> [Exercise instructions]
Which of the lines below holds the string "Subclass"? Copy every line that does.

> [Data records]
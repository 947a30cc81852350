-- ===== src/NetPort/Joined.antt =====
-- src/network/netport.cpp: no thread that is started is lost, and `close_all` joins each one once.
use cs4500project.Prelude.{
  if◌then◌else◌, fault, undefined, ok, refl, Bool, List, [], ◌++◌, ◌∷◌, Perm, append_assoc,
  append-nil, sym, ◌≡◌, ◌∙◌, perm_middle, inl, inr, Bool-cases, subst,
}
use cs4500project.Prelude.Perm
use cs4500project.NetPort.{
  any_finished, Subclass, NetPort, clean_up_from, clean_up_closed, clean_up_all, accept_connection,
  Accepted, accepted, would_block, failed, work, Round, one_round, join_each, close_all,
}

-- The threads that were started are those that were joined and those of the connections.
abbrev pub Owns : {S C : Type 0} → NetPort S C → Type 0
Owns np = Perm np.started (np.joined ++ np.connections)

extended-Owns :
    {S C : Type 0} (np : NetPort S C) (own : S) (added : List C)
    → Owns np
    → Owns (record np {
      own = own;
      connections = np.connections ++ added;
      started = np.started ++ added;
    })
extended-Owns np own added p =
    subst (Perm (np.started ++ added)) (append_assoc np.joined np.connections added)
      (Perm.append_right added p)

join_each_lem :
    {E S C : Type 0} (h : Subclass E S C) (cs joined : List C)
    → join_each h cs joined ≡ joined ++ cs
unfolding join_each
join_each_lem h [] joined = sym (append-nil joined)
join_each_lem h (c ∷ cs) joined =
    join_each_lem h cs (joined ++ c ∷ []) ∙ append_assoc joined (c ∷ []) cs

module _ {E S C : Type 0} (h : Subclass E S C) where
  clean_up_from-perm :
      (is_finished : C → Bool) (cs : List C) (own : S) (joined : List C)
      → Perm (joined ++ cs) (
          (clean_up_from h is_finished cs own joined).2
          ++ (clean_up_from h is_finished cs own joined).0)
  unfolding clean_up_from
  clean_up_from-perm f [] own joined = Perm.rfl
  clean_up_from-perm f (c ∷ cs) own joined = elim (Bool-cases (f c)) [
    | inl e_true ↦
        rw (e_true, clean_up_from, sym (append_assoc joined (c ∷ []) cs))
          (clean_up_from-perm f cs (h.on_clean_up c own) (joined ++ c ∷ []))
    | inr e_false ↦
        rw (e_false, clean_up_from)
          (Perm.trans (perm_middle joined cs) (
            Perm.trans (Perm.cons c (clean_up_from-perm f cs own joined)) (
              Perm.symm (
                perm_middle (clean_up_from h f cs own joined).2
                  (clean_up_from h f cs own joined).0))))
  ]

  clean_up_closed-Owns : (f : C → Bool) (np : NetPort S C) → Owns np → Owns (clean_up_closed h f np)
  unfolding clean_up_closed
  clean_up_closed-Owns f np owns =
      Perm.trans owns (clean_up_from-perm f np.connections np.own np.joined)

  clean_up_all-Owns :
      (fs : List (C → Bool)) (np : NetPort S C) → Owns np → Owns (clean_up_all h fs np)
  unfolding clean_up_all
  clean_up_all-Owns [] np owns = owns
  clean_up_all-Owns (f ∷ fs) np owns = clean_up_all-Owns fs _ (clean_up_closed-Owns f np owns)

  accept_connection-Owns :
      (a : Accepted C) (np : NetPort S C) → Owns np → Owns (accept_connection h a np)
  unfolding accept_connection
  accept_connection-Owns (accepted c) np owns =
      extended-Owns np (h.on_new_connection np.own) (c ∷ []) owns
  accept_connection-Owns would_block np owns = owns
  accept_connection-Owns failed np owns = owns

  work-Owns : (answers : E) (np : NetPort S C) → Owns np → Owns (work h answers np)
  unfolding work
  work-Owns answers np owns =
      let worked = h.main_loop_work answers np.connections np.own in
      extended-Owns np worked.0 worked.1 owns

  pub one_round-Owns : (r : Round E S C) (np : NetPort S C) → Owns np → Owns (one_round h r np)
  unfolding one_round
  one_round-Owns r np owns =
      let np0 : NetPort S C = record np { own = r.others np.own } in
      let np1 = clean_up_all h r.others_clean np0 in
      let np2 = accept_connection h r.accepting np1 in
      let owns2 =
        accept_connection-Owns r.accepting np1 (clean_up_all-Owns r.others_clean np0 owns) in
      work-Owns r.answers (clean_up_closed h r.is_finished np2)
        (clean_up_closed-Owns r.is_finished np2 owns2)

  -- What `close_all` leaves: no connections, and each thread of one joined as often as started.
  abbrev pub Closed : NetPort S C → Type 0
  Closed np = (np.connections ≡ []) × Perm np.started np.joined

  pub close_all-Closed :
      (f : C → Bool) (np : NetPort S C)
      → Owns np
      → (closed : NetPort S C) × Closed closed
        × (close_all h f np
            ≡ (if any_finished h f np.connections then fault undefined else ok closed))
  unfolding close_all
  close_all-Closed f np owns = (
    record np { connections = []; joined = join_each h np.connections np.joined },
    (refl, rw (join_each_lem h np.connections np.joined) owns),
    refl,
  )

> [Reply to the exercise]
  any_finished, Subclass, NetPort, clean_up_from, clean_up_closed, clean_up_all, accept_connection,
    {E S C : Type 0} (h : Subclass E S C) (cs joined : List C)
module _ {E S C : Type 0} (h : Subclass E S C) where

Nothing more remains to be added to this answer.